De therapie is gericht op de vele oorzaken en factoren die de ziekte verergeren. Dit gebeurt zowel met medicatie als door middel van aanvullende methoden die fysieke, psychologische en sociale componenten omvatten.
Het doel van de pijntherapie is enerzijds de geleiding van de pijn te onderbreken (medicamenteus) en anderzijds de pijnperceptie van de persoon te veranderen (niet-medicamenteus).
Medicatie:
Medicatie vormt vaak de basis van veel langdurige behandelingen. Volgens de Wereldgezondheidsorganisatie (WHO) wordt pijntherapie onderverdeeld in drie fasen (WHO-fasenschema):
- Stadium I: Niet-steroïde anti-inflammatoire geneesmiddelen voor lichte pijn.

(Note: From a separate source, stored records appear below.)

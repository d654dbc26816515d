-- ===== src/Ingestion.antt =====
-- src/ingestion: content hash, shot repository, worker, outbox publisher and queue.
pub mod ContentHash
pub mod Redact
pub mod Repository
pub mod Queue
pub mod Processor
pub mod Outbox
pub mod Pipeline
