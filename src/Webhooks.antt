-- ===== src/Webhooks.antt =====
-- src/webhooks/: the payloads of the vendors and their parsers.
pub mod Routes
pub mod Proswing
pub mod Trackpro
pub mod Swingmetric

- Niveau II: Opioïden voor matige tot ernstige pijn
- Niveau III: Opioïden voor ernstige tot zeer ernstige pijn
Vaak begint de behandeling met het afbouwen van de hierboven genoemde medicijnen, die een rol kunnen spelen bij het chronisch worden van chronische pijn. Een voorbeeld is door geneesmiddelen veroorzaakte hoofdpijn, die ontstaat wanneer patiënten meer dan tien dagen per maand pijnstillers gebruiken. Voor sommige vormen van pijn kunnen aanvullende medicijnen worden gegeven, zoals anti-epileptica voor kolieken. Sommige antidepressiva hebben soms een zeer goed pijnstillend effect als positieve bijwerking.

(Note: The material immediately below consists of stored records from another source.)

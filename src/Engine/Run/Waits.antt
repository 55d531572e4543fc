-- ===== src/Engine/Run/Waits.antt =====
-- src/sfu/engine.rs and src/sfu/engine_io.rs: how long a turn waits for the socket.
use ababilx_chat_sfu.Shared.{ℕ, ◌+◌, ◌≤◌, ◌≡◌, some, arith, Option-cases, inl, inr}
use ababilx_chat_sfu.Media.{Deps, Driver, millis}
use ababilx_chat_sfu.Engine.{Engine}
use ababilx_chat_sfu.Engine.Dispatch.{ControlFlow, continue, stop, drain_commands}
use ababilx_chat_sfu.Engine.Io.{max_idle, poll_rooms}
use ababilx_chat_sfu.Engine.Io.Wakes.{wake-poll_rooms}
use ababilx_chat_sfu.Engine.Run.{Inputs, Turned, wait_from, rest_of_turn, after_commands, turn}

wait-bounds :
    (wake now polled_at : ℕ)
    → wake ≤ polled_at + max_idle
    → polled_at ≤ now
    → (millis 1 ≤ wait_from wake now) × (wait_from wake now ≤ max_idle)
unfolding wait_from
wait-bounds wake now polled_at l m = (ground arith, ground (arith, l, m))

module _ {d : Deps} (v : Driver d) where
  -- A turn that waits for the socket waits for at least a millisecond and at most a tenth of a second,
  -- whatever str0m asks for, if the clock does not run backwards from the polling to the wait.
  pub turn-bounds :
      (fuel : ℕ) (t : Inputs d) (e : Engine d) (x : Turned d) (w : ℕ)
      → t.polled_at ≤ t.waited_at
      → turn v fuel t e ≡ some x
      → x.waited ≡ some w
      → (millis 1 ≤ w) × (w ≤ millis 100)
  unfolding turn
  turn-bounds fuel t e x w forward done waits =
      after (drain_commands t.drained_at t.commands t.queue_end e) done
    where
      after :
          (drained : ControlFlow × Engine d)
          → after_commands v fuel t drained ≡ some x
          → (millis 1 ≤ w) × (w ≤ millis 100)
      after (stop, f) h = absurd (ground (arith, h, waits))
      after (continue, f) h = elim (Option-cases (poll_rooms v fuel t.polled_at f)) [
        | inl stuck ↦ absurd (ground (arith, h, stuck))
        | inr ((g, wake), got) ↦
            let same : rest_of_turn v t wake g ≡ x = ground (arith, h, got) in
            let (low, high) =
              wait-bounds wake t.waited_at t.polled_at
                (wake-poll_rooms v fuel t.polled_at f g wake got) forward in
            let is_w : wait_from wake t.waited_at ≡ w = ground (arith, same, waits) in
            (omega (arith, low, is_w), omega (arith, high, is_w))
      ]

Voorts kunnen geneesmiddelen uit de groep van de anti-epileptica ook worden gebruikt tegen voortdurende pijn. Dit geldt met name voor zenuwpijn (neuralgie), waarbij middelen als carbamezepine, oxcarbamezepine, gabapentine of pregabaline een duidelijk positief effect blijken te hebben.
Andere therapieën:
Afhankelijk van de vorm van de pijn zijn er naast psychotherapie en medicatie nog andere vormen van therapie waaruit gekozen kan worden:
- Acupunctuur
- Oefentherapie
- Gedragstherapie, zoals stressmanagementtraining of biofeedback
- fysiotherapie en manuele therapie om spiergroepen te versterken of te verlichten
- Transcutane elektrische zenuwstimulatie (TENS) kan worden gebruikt om zenuwstructuren te stimuleren door elektrische impulsen op de huid toe te passen.
- Autogene training
- Zenuwblokkades, bv. blokkade van de sympathische zenuwen door toediening van guanethidine
- Pijnpompen, die worden geïmplanteerd en continu werkzame stoffen afgeven voor pijnbestrijding
- Lokale of regionale anesthesie, bv. met peridurale katheters
- Ontlastende operaties, bijv. voor carpaal tunnel syndroom
- Palliatieve chirurgie om de pijn te verlichten bij kanker die niet kan worden genezen
Levensstijl:
Soms kunnen eenvoudige methoden, zoals een verandering van dieet of van baan, een positief effect hebben op de pijn.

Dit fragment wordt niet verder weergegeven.